Ale wiesz co mi dała ta dyskusja? Dotychczas sądziłem, że mój
punkt widzenia jest zawsze słuszny, zgodnie z nim udzielałem
rad i go broniłem. Był dla mnie oczywisty, bo jakoś nigdy go
nie konfrontowałem z np. Twoim. Teraz już wiem, że jest jedną
ze składowych alternatywy.
>> Widocznie tak. Różnic między Twoim dzieciństwem i moim jest
>> zapewne mnóstwo, więc nie ma co porównywać bez wódki. Ale dla
>> mnie (jak się okazuje) te sprawy stały się kluczowe.
>
>Dla mnie "wsciekle psy " ;)
O wódce to ja miałem na myśli to, że ja jednak szczerze
i głęboko bez znieczulacza nie potrafię. A że dużo pracuje,
to mało piję, więc mogę sobie pomarzyć...
>Nie da sie ukryc-kazdy z nas ma jakas 'bolaczke'. Tylko brakujace- nie
>zawsze znaczy lepsze. Warto o tym pamietac bo mozna sie niepotrzebnie
>wpakowac w bledne kolo pt. "co by bylo gdyby".
Sensem rozpoczynania tej dyskusji z mojej strony byla
obserwacja, ze twoj punkt widzenia (poniekąd słuszny) jest
nadreprentowany jako scenariusz co robić, a mój uważałem
za niedoreprezentowany.
>> No to wszystko jasne. W Twoim wypadku było lepiej, ja kbyło.
>> Całkowicie mnie przekonałaś. Mam prośbę, żebyś uwierzyła, że nie
>> zawsze tak musiało być. Tylko tyle.
>
>Ok- wierze.
dzieki
>> >po domu po prostu widac, ze nie ma w nim szczesliwej rodziny.
>>
>> Rodziny i tak nie będzie.
>
>I o to mi chodzi. Po co wiec fundowac dziecku nastepna traume pt.
>"Teatrzyk mlodego widza i moja w nim rola"
Ponieważ np. inne dzieci widzą TYLKO ów teatrzyk i nie wiedzą, że
coś w nim jest nie tak. POnieważ ja wolałbym mieć ów teatrzyk niż
go nie mieć (ja wiem, u Ciebie ów teatrzyk zamienił się pomieszanie
Lady Makbet z Weselem :-) ), ale ja uważam, że u niektórych może
zostać na etapie "Pinokia"
> ( ja naprawde staram sie zrozumiec co chcesz przekazac i dlaczego - ale
>uwazam, ze skutki sa o wiele gorsze niz ewentualne korzysci )
Kolejny punkt w protokole rozbieżnoąści. I świat się nie wali.
>> I z takich uczuć spłodzili jeszcze jedno dziecko? Gwałcił ją?

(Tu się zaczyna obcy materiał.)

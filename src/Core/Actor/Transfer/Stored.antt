-- ===== src/Core/Actor/Transfer/Stored.antt =====
-- What an upload that succeeds leaves on the device.
use mathlib.Core.Path.{subst}
use pereprava.Prelude.{
  ℕ, zero, suc, ◌+◌, ◌≡◌, refl, sym, ap, ◌∙◌, inl, inr, Bool-cases, Option, none, some, List, [],
  ◌∷◌, ◌++◌, length, length-append, take, ◌==◌, ==_iff, get_elem?, arith,
}
use pereprava.Prelude.Text.{Text}
use pereprava.Core.Error.{Error, Result, ok, err, invalid_argument, ok-injective}
use pereprava.Core.Cache.{invalidate}
use pereprava.Core.Names.{Unicode}
use pereprava.Core.Model.{Entry}
use pereprava.Core.Actor.Device.{
  Device, ObjectInfo, Reply, done, failed, map_err, UploadReply, uploaded, NewObjectInfo, Item,
  chunk, broken,
}
use pereprava.Core.Actor.Monad.{>>=-eq-ok, pure, ok_or, ◌>>=◌}
use pereprava.Core.Actor.State.{
  ActorState, StorageRec, entry_of, storage, call, change_cache, open_storage, parent_arg,
}
use pereprava.Core.Actor.Tree.{forget, entry_on}
use pereprava.Core.Actor.Transfer.{
  Read, bytes, read_failed, stream_of, count_bytes, discard, discard_partial, send, finish_upload,
  upload_into,
}

-- The bytes that a reader gives before its end or its first failure.
abbrev pub source_bytes : List Read → List ℕ
source_bytes [] = []
source_bytes (bytes [] ∷ rs) = []
source_bytes (bytes (b ∷ bs) ∷ rs) = (b ∷ bs) ++ source_bytes rs
source_bytes (read_failed ∷ rs) = []

-- The bytes of a stream.
abbrev pub item_bytes : List Item → List ℕ
item_bytes [] = []
item_bytes (chunk bs ∷ items) = bs ++ item_bytes items
item_bytes (broken ∷ items) = item_bytes items

-- What is relied on of a device that takes an upload: the new object holds what was taken of the
-- stream, and looking at an object changes none.
pub record Stores (D : Device) : Type 0 where
  pub content : D.State → D.Storage → ℕ → List ℕ
  pub upload-stores :
      (st : D.Storage) (p : Option ℕ) (info : NewObjectInfo) (items : List Item) (s : D.State)
      (h : ℕ)
      → (D.upload st p info items s).0.outcome ≡ uploaded h
      → content (D.upload st p info items s).1 st h
        ≡ item_bytes (take (D.upload st p info items s).0.taken items)
  pub info-keeps :
      (st : D.Storage) (h k : ℕ) (s : D.State)
      → content (D.get_object_info st h s).1 st k ≡ content s st k
  pub info-handle :
      (st : D.Storage) (h : ℕ) (s s' : D.State) (oi : ObjectInfo)
      → D.get_object_info st h s ≡ (done oi, s')
      → oi.handle ≡ h

length-item_bytes : (items : List Item) → length (item_bytes items) ≡ count_bytes items
unfolding count_bytes
length-item_bytes [] = refl
length-item_bytes (chunk bs ∷ items) =
    omega (arith, length-append bs (item_bytes items), length-item_bytes items)
length-item_bytes (broken ∷ items) = length-item_bytes items

take-append : (xs ys : List ℕ) (n : ℕ) → take (length xs + n) (xs ++ ys) ≡ xs ++ take n ys
take-append [] ys n = ap (λ k. take k ys) (omega arith)
take-append (x ∷ xs) ys n =
    let shift : suc (length xs) + n ≡ suc (length xs + n) = omega arith in
    ap (λ k. take k (x ∷ (xs ++ ys))) shift ∙ ap (λ zs. x ∷ zs) (take-append xs ys n)

item_bytes-nil : (k n : ℕ) → item_bytes (take {A = Item} k []) ≡ take n []
item_bytes-nil zero zero = refl
item_bytes-nil zero (suc n) = refl
item_bytes-nil (suc k) zero = refl
item_bytes-nil (suc k) (suc n) = refl

-- What is taken of the stream is the beginning of what the reader gives.
taken-source_bytes :
    (reads : List Read) (k : ℕ)
    → item_bytes (take k (stream_of reads))
      ≡ take (count_bytes (take k (stream_of reads))) (source_bytes reads)
unfolding stream_of count_bytes
taken-source_bytes reads zero = refl
taken-source_bytes [] (suc k) = item_bytes-nil k _
taken-source_bytes (bytes [] ∷ rs) (suc k) = item_bytes-nil k _
taken-source_bytes (bytes (b ∷ bs) ∷ rs) (suc k) =
    ap (λ ys. (b ∷ bs) ++ ys) (taken-source_bytes rs k)
    ∙ sym (take-append (b ∷ bs) (source_bytes rs) (count_bytes (take k (stream_of rs))))
taken-source_bytes (read_failed ∷ rs) (suc k) = item_bytes-nil k _

module _ {D : Device} where
  storage-ok :
      (idx : ℕ) (σ τ : ActorState D) (rec : StorageRec)
      → storage D idx σ ≡ (ok rec, τ)
      → (get_elem? σ.storages idx ≡ some rec) × (τ.device ≡ σ.device)
  unfolding storage
  storage-ok idx σ τ rec h = go (get_elem? σ.storages idx) h
    where
      go :
          (o : Option StorageRec)
          → ok_or o invalid_argument σ ≡ (ok rec, τ)
          → (o ≡ some rec) × (τ.device ≡ σ.device)
      go none e = absurd (cc)
      go (some r) e =
          (ground arith, ap (λ (x : Result StorageRec × ActorState D). x.1.device) (sym e))

  call-ok :
      {A : Type 0} (op : D.State → Reply A × D.State) (σ τ : ActorState D) (a : A)
      → call D op σ ≡ (ok a, τ)
      → op σ.device ≡ (done a, τ.device)
  unfolding call map_err
  call-ok {A} op σ τ a h = go (op σ.device) refl h
    where
      go :
          (r : Reply A × D.State)
          → op σ.device ≡ r
          → ◌≡◌ {A = Result A × ActorState D} (map_err r.0, record σ { device = r.1 }) (ok a, τ)
          → r ≡ (done a, τ.device)
      go (done b, d) e k = cc (
        ap (λ (x : Result A × ActorState D). x.1.device) k,
        ok-injective (ap (λ (x : Result A × ActorState D). x.0) k),
      )
      go (failed x, d) e k = absurd (cc)

  -- The storage is that of the table.
  open_storage-ok :
      (idx : ℕ) (σ τ : ActorState D) (st : D.Storage)
      → open_storage D idx σ ≡ (ok st, τ)
      → (rec : StorageRec) × (get_elem? σ.storages idx ≡ some rec)
        × (D.storage rec.id σ.device ≡ (done st, τ.device))
  unfolding open_storage
  open_storage-ok idx σ τ st h =
      let (rec, t, found, more) =
        >>=-eq-ok (storage D idx) (λ rec. call D (D.storage rec.id)) σ τ st h in
      let (here, same) = storage-ok idx σ t rec found in
      (
        rec,
        here,
        subst (λ d. D.storage rec.id d ≡ (done st, τ.device)) same
            (call-ok (D.storage rec.id) t τ st more),
      )

  forget-device :
      (u : Unicode) (idx dir : ℕ) (σ τ : ActorState D)
      → forget u D idx dir σ ≡ (ok tt, τ)
      → τ.device ≡ σ.device
  unfolding forget change_cache
  forget-device u idx dir σ τ h =
      let (rec, t, found, more) =
        >>=-eq-ok (storage D idx) (λ rec. change_cache D (λ c. invalidate c rec.id dir)) σ τ tt h in
      ap (λ (x : Result (Unit {0}) × ActorState D). x.1.device) (sym more)
      ∙ (storage-ok idx σ t rec found).1

  -- An upload that is reported as done: the answer was a handle, the stream gave `size` bytes, and the
  -- entry is what the device says of the new object.
  record IsDone (σ τ : ActorState D) (st : D.Storage) (items : List Item) (taken size : ℕ)
      (r : UploadReply) (e : Entry) : Type 0 where
    handle : ℕ
    answered : r ≡ uploaded handle
    counted : count_bytes (take taken items) ≡ size
    info : ObjectInfo
    looked : D.get_object_info st handle σ.device ≡ (done info, τ.device)
    described : e ≡ entry_of info

  finish_upload-IsDone :
      (u : Unicode) (idx parent size : ℕ) (items : List Item) (st : D.Storage) (taken : ℕ)
      (r : UploadReply) (σ τ : ActorState D) (e : Entry)
      → finish_upload u D idx parent size items st taken r σ ≡ (ok e, τ)
      → IsDone σ τ st items taken size r e
  unfolding finish_upload discard_partial discard entry_on
  finish_upload-IsDone u idx parent size items st taken (UploadReply.failed x none) σ τ e k =
      absurd (cc)
  finish_upload-IsDone u idx parent size items st taken (UploadReply.failed x (some h)) σ τ e k =
      absurd (cc)
  finish_upload-IsDone u idx parent size items st taken (uploaded h) σ τ e k =
      elim (Bool-cases (count_bytes (take taken items) == size)) [
        | inr differ ↦ absurd (short_not_ok (rw differ at k))
        | inl equal ↦
            let (_, t, forgot, more) =
              >>=-eq-ok (forget u D idx parent) (λ _. entry_on u D st h) σ τ e (rw equal at k) in
            let (oi, v, looked, last) =
              >>=-eq-ok (call D (D.get_object_info st h)) (λ oi. pure (entry_of oi)) t τ e more in
            record {
              handle = h;
              answered = refl;
              counted = (==_iff (count_bytes (take taken items)) size).0 equal;
              info = oi;
              looked =
                  subst (λ d. D.get_object_info st h d ≡ (done oi, τ.device))
                    (forget-device u idx parent σ t forgot)
                    (call-ok (D.get_object_info st h) t v oi looked
                      ∙ ap (λ (x : Result Entry × ActorState D). (done oi, x.1.device)) last);
              described = ok-injective (ap (λ (x : Result Entry × ActorState D). x.0) (sym last));
            }
      ]
    where
      short_not_ok :
          {x : Error} {s s' : ActorState D}
          → ◌≡◌ {A = Result Entry × ActorState D} (err x, s) (ok e, s')
          → ⊥
      short_not_ok q = cc

module _ {D : Device} (S : Stores D) where
  -- The object of the entry, on the storage of that number, has that content.
  pub record Holds (σ τ : ActorState D) (idx : ℕ) (e : Entry) (bs : List ℕ) : Type 0 where
    pub table : StorageRec
    pub in_table : get_elem? σ.storages idx ≡ some table
    pub opened : D.Storage
    pub session : D.State
    pub is_opened : D.storage table.id σ.device ≡ (done opened, session)
    pub holds : S.content τ.device opened e.handle ≡ bs

  -- An upload that succeeds leaves an object on the storage that was asked for, the one of the entry
  -- returned, whose content is the first `size` bytes that the reader gives, and they are `size` bytes.
  pub upload_into-Holds :
      (u : Unicode) (idx parent : ℕ) (name : Text) (size : ℕ) (reads : List Read)
      (σ τ : ActorState D) (e : Entry)
      → upload_into u D idx parent name size reads σ ≡ (ok e, τ)
      → Holds σ τ idx e (take size (source_bytes reads))
        × (length (take size (source_bytes reads)) ≡ size)
  unfolding upload_into send
  upload_into-Holds u idx parent name size reads σ τ e h =
      let (st, s, opened, more) =
        >>=-eq-ok (open_storage D idx)
          (λ st.
            send u D st (parent_arg D parent) (record { name = name; size = size })
              (stream_of reads)
            >>= λ r. finish_upload u D idx parent size (stream_of reads) st r.taken r.outcome)
          σ τ e h in
      let (rec, here, is_open) = open_storage-ok idx σ s st opened in
      let up =
        D.upload st (parent_arg D parent) (record { name = name; size = size }) (stream_of reads)
          s.device in
      let it =
        finish_upload-IsDone u idx parent size (stream_of reads) st up.0.taken up.0.outcome
          (record s { device = up.1 }) τ e more in
      let stored : item_bytes (take up.0.taken (stream_of reads)) ≡ take size (source_bytes reads) =
        taken-source_bytes reads up.0.taken ∙ ap (λ n. take n (source_bytes reads)) it.counted in
      let same_handle : e.handle ≡ it.handle =
        ap (λ (x : Entry). x.handle) it.described
        ∙ S.info-handle st it.handle up.1 τ.device it.info it.looked in
      (
        record {
          table = rec;
          in_table = here;
          opened = st;
          session = s.device;
          is_opened = is_open;
          holds =
              ap (S.content τ.device st) same_handle
              ∙ (ap (λ (x : Reply ObjectInfo × D.State). S.content x.1 st it.handle) (sym it.looked)
                  ∙ (S.info-keeps st it.handle it.handle up.1
                      ∙ (S.upload-stores st (parent_arg D parent)
                            (record { name = name; size = size }) (stream_of reads) s.device
                            it.handle it.answered
                          ∙ stored)));
        },
        ap length (sym stored)
            ∙ (length-item_bytes (take up.0.taken (stream_of reads)) ∙ it.counted),
      )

>> Wg prawa może nawet legalnie usunąć albo oddać do adopcji.
>
>Co do plodzenia:
>1) wiesz...ja mówie o zdarzeniach rozciagnietych w czasie. _Kiedys_ ta
>milosc istniala. Co nie oznacza, ze jest tu i teraz. Wygasala równiez z
>czasem a nie nagle 'bum' i nie ma.
NO Ok, ale jest dziecko w drodze. czyli nie aż tak bardzo
rozciągneita.
OK, tu się sprzeczamy o sprawy formalne... Nie warto się
o nie sprzeczać.
[...]
>
>> Ale to też będzie miało miejsce, gdy rodzicę stworzą dwa osobne domy
>> i nie będą na tyle kulturalni, żeby w sobie te pragnienia
>> stłumić. Naprawdę, trudno mi sobie wyobrazić silniejszą potrzebę,
>> niż rywalizację o miłość dziecka pomiędzy rodzicami po rozwodzie
>> (na zasadzie: a wiodzisz! on jednak mnie bardziej kocha, to Ty
>> jesteś kanalia!).
>
>Tu akurat masz racje. Przy dwóch domach tez moze sie tak zdarzyc.
>Ale moze byc mniej silne ( mam przynajmniej taka nadzieje ) niz kiedy ma
>sie zaburzone relacje non stop, 24 h/dobe.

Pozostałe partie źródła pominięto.